PROMPT: Return the entire listing exactly, leaving nothing out.

********

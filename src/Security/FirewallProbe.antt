-- ===== src/Security/FirewallProbe.antt =====
-- include/security/firewall_probe.hpp and src/security/firewall_probe.cpp. The counters are at most
-- the number of ports and do not wrap.
pub mod Report
mod Examples
use slipnet.Prelude.{
  ℕ, ◌+◌, Bool, true, false, ◌&&◌, ◌||◌, List, [], ◌∷◌, ◌++◌, ltb, ◌==◌, if◌then◌else◌, Bytes,
  codes,
}
use slipnet.Prelude.Int.{ℤ, pos, lt_int}
use slipnet.Platform.Firewall.{FirewallProbeResult, Probe, state_code}

pub data FirewallState : Type 0 where
  is_open is_closed is_filtered is_unknown : FirewallState

pub record FirewallObservation : Type 0 where
  pub host : Bytes
  pub port : ℤ
  pub state : FirewallState
  pub latency_ms : ℤ
  pub evidence : Bytes

pub record FirewallReport : Type 0 where
  pub host : Bytes
  pub observed : ℕ
  pub open_count : ℕ
  pub closed : ℕ
  pub filtered : ℕ
  pub unknown : ℕ
  pub has_evidence_of_filtering : Bool
  pub observations : List FirewallObservation
  pub conclusion : Bytes

-- The platform's state behind `static_cast<int>`.
pub convert_state : ℕ → FirewallState
convert_state state =
    if state == 0
    then is_open
    else if state == 1
    then is_closed
    else if state == 2
    then is_filtered
    else is_unknown

pub state_name : FirewallState → Bytes
state_name is_open = codes "OPEN"
state_name is_closed = codes "CLOSED"
state_name is_filtered = codes "FILTERED"
state_name is_unknown = codes "UNKNOWN"

-- The switch of `analyze`.
count : FirewallState → FirewallReport → FirewallReport
count is_open r = record r { open_count = r.open_count + 1 }
count is_closed r = record r { closed = r.closed + 1 }
count is_filtered r = record r { filtered = r.filtered + 1; has_evidence_of_filtering = true }
count is_unknown r = record r { unknown = r.unknown + 1 }

abbrev push : FirewallObservation → FirewallReport → FirewallReport
push o r = record r { observations = r.observations ++ o ∷ [] }

abbrev raise : FirewallReport → FirewallReport
raise r = record r { observed = r.observed + 1 }

abbrev pub is_port : ℤ → Bool
is_port port = if lt_int port (pos 1) || lt_int (pos 65535) port then false else true

conclude : FirewallReport → Bytes
conclude r =
    if r.observed == 0
    then codes "No valid TCP ports were available for probing."
    else if ltb 0 r.filtered
    then codes
        "Filtering behavior was observed on one or more TCP ports. This indicates packet filtering or silent traffic dropping, but does not identify a specific firewall product."
    else if ltb 0 r.open_count && ltb 0 r.closed
    then codes
        "Both reachable and explicitly refused TCP ports were observed. No filtering behavior was directly identified in the tested ports."
    else if ltb 0 r.open_count
    then codes
        "The tested ports responded as reachable. No filtering behavior was directly observed."
    else if r.closed == r.observed
    then codes
        "All tested ports explicitly refused the TCP connection. No filtering behavior was directly observed."
    else codes "The available observations were insufficient to determine firewall behavior."

abbrev pub blank : Bytes → FirewallReport
blank host = record {
  host = host;
  observed = 0;
  open_count = 0;
  closed = 0;
  filtered = 0;
  unknown = 0;
  has_evidence_of_filtering = false;
  observations = [];
  conclusion = [];
}

module _ (probe_tcp : Probe) where
  pub observe : Bytes → ℤ → FirewallObservation
  unfolding convert_state
  observe host port =
      let result = probe_tcp host port 1500 in
      record {
        host = host;
        port = port;
        state = convert_state (state_code result.state);
        latency_ms = result.latency_ms;
        evidence = result.evidence;
      }

  -- The body of the loop for a port that is one.
  probe_port : Bytes → ℤ → FirewallReport → FirewallReport
  probe_port host port r =
      let observation = observe host port in push observation (count observation.state (raise r))

  probe_ports : Bytes → List ℤ → FirewallReport → FirewallReport
  probe_ports host [] r = r
  probe_ports host (port ∷ ports) r =
      probe_ports host ports (if is_port port then probe_port host port r else r)

  pub analyze : Bytes → List ℤ → FirewallReport
  analyze host ports =
      let report = probe_ports host ports (blank host) in
      record report { conclusion = conclude report }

********

RESPONSE:
filename src/Security/FirewallProbe.antt
-- ===== src/Security/FirewallProbe.antt =====
-- include/security/firewall_probe.hpp and src/security/firewall_probe.cpp. The counters are at most
-- the number of ports and do not wrap.
pub mod Report
mod Examples
use slipnet.Prelude.{
  ℕ, ◌+◌, Bool, true, false, ◌&&◌, ◌||◌, List, [], ◌∷◌, ◌++◌, ltb, ◌==◌, if◌then◌else◌, Bytes,
  codes,
}
use slipnet.Prelude.Int.{ℤ, pos, lt_int}
use slipnet.Platform.Firewall.{FirewallProbeResult, Probe, state_code}

pub data FirewallState : Type 0 where
  is_open is_closed is_filtered is_unknown : FirewallState

pub record FirewallObservation : Type 0 where
  pub host : Bytes
  pub port : ℤ
  pub state : FirewallState
  pub latency_ms : ℤ
  pub evidence : Bytes

pub record FirewallReport : Type 0 where
  pub host : Bytes
  pub observed : ℕ
  pub open_count : ℕ
  pub closed : ℕ
  pub filtered : ℕ
  pub unknown : ℕ
  pub has_evidence_of_filtering : Bool
  pub observations : List FirewallObservation
  pub conclusion : Bytes

-- The platform's state behind `static_cast<int>`.
pub convert_state : ℕ → FirewallState
convert_state state =
    if state == 0
    then is_open
    else if state == 1
    then is_closed
    else if state == 2
    then is_filtered
    else is_unknown

pub state_name : FirewallState → Bytes
state_name is_open = codes "OPEN"
state_name is_closed = codes "CLOSED"
state_name is_filtered = codes "FILTERED"
state_name is_unknown = codes "UNKNOWN"

-- The switch of `analyze`.
count : FirewallState → FirewallReport → FirewallReport
count is_open r = record r { open_count = r.open_count + 1 }
count is_closed r = record r { closed = r.closed + 1 }
count is_filtered r = record r { filtered = r.filtered + 1; has_evidence_of_filtering = true }
count is_unknown r = record r { unknown = r.unknown + 1 }

abbrev push : FirewallObservation → FirewallReport → FirewallReport
push o r = record r { observations = r.observations ++ o ∷ [] }

abbrev raise : FirewallReport → FirewallReport
raise r = record r { observed = r.observed + 1 }

abbrev pub is_port : ℤ → Bool
is_port port = if lt_int port (pos 1) || lt_int (pos 65535) port then false else true

conclude : FirewallReport → Bytes
conclude r =
    if r.observed == 0
    then codes "No valid TCP ports were available for probing."
    else if ltb 0 r.filtered
    then codes
        "Filtering behavior was observed on one or more TCP ports. This indicates packet filtering or silent traffic dropping, but does not identify a specific firewall product."
    else if ltb 0 r.open_count && ltb 0 r.closed
    then codes
        "Both reachable and explicitly refused TCP ports were observed. No filtering behavior was directly identified in the tested ports."
    else if ltb 0 r.open_count
    then codes
        "The tested ports responded as reachable. No filtering behavior was directly observed."
    else if r.closed == r.observed
    then codes
        "All tested ports explicitly refused the TCP connection. No filtering behavior was directly observed."
    else codes "The available observations were insufficient to determine firewall behavior."

abbrev pub blank : Bytes → FirewallReport
blank host = record {
  host = host;
  observed = 0;
  open_count = 0;
  closed = 0;
  filtered = 0;
  unknown = 0;
  has_evidence_of_filtering = false;
  observations = [];
  conclusion = [];
}

module _ (probe_tcp : Probe) where
  pub observe : Bytes → ℤ → FirewallObservation
  unfolding convert_state
  observe host port =
      let result = probe_tcp host port 1500 in
      record {
        host = host;
        port = port;
        state = convert_state (state_code result.state);
        latency_ms = result.latency_ms;
        evidence = result.evidence;
      }

  -- The body of the loop for a port that is one.
  probe_port : Bytes → ℤ → FirewallReport → FirewallReport
  probe_port host port r =
      let observation = observe host port in push observation (count observation.state (raise r))

  probe_ports : Bytes → List ℤ → FirewallReport → FirewallReport
  probe_ports host [] r = r
  probe_ports host (port ∷ ports) r =
      probe_ports host ports (if is_port port then probe_port host port r else r)

  pub analyze : Bytes → List ℤ → FirewallReport
  analyze host ports =
      let report = probe_ports host ports (blank host) in
      record report { conclusion = conclude report }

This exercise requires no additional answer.